— DATASET CONTENT —
##############################

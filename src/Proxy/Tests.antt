-- ===== src/Proxy/Tests.antt =====
-- The theorems on the proxy at a small request.
use tailroute.Base.{◌++◌, ◌≡◌, ◌↔◌, refl, ok, finished, true, none, Option, some, [], ◌∷◌}
use tailroute.Base.Keys.{list_eq, list_key, nat_key, member}
use tailroute.Base.Text.{Text, text}
use tailroute.Base.Table.{get}
use tailroute.Common.Backend.{authority}
use tailroute.Proxy.Routes.{BackendRoute}
use tailroute.Proxy.Handle.{HeaderMap, Request, Response, inject_forwarded_headers}
use tailroute.Proxy.WebSocket.{Network, switch_protocols, upgrade_request, proxy_websocket}
use tailroute.Proxy.WebSocket.Tunnel.{Switched, passed_on, proxy_websocket_tunnel}
use tailroute.Proxy.Handle.Forwarded.{passed, sent_or, forwarded_headers}
use tailroute.Proxy.Handle.Entries.{entries}

abbrev host : Option Text
host = some (b'h' ∷ [])

-- A client that names a proxy before this one.
abbrev headers : HeaderMap
headers =
    (text "host", b'h' ∷ []) ∷ (text "x-forwarded-for", b'1' ∷ []) ∷ (text "accept", b'*' ∷ []) ∷ []

forwarded_headers_example :
    (entries (text "host") (inject_forwarded_headers headers (b'2' ∷ []) host)
      ≡ sent_or (text "host") host (entries (text "host") headers))
    × (entries (text "x-forwarded-proto") (inject_forwarded_headers headers (b'2' ∷ []) host)
        ≡ (text "x-forwarded-proto", text "http") ∷ [])
    × (entries (text "x-forwarded-host") (inject_forwarded_headers headers (b'2' ∷ []) host)
        ≡ sent_or (text "x-forwarded-host") host (entries (text "x-forwarded-host") headers))
    × (entries (text "x-forwarded-for") (inject_forwarded_headers headers (b'2' ∷ []) host)
        ≡ (text "x-forwarded-for", passed (get (text "x-forwarded-for") headers) ++ (b'2' ∷ []))
          ∷ [])
    × (entries (text "accept") (inject_forwarded_headers headers (b'2' ∷ []) host)
        ≡ entries (text "accept") headers)
unfolding text member list_eq
forwarded_headers_example = forwarded_headers headers (b'2' ∷ []) host (text "accept") refl refl

-- A network with one host, whose backend agrees to switch protocols.
abbrev network : Network
network = record {
  parse_socket = λ t. none;
  lookup_host = λ t. ok (t ∷ []);
  connect = λ t. finished (ok tt);
  builds_request = λ r. true;
  handshake = ok tt;
  send_request = λ r. ok (record { status = 101; headers = headers; body = [] });
  builds_response = λ h. true;
}

abbrev route : BackendRoute
route = record {
  backend = record { host = b'h' ∷ []; port = 81 };
  container_id = none;
  container_name = none;
}

abbrev request : Request
request = record { path_and_query = none; headers = headers }

abbrev switched : Response
switched = record { status = 101; headers = headers; body = [] }

switched_run : proxy_websocket network route (b'2' ∷ []) request ≡ (switched, true)
unfolding proxy_websocket switch_protocols
switched_run = refl

proxy_websocket_tunnel_example :
    (proxy_websocket network route (b'2' ∷ []) request ≡ (switched, true)) ↔ (
      (s : Switched network (upgrade_request network (b'2' ∷ []) request) (authority route.backend))
      × (switched ≡ passed_on network s.response.headers))
proxy_websocket_tunnel_example = proxy_websocket_tunnel network route (b'2' ∷ []) request switched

##############################

— WHAT IS REQUIRED —
Copy every line of the data that carries the word "body".

— SOLUTION FOR THIS TASK —
  send_request = λ r. ok (record { status = 101; headers = headers; body = [] });
switched = record { status = 101; headers = headers; body = [] }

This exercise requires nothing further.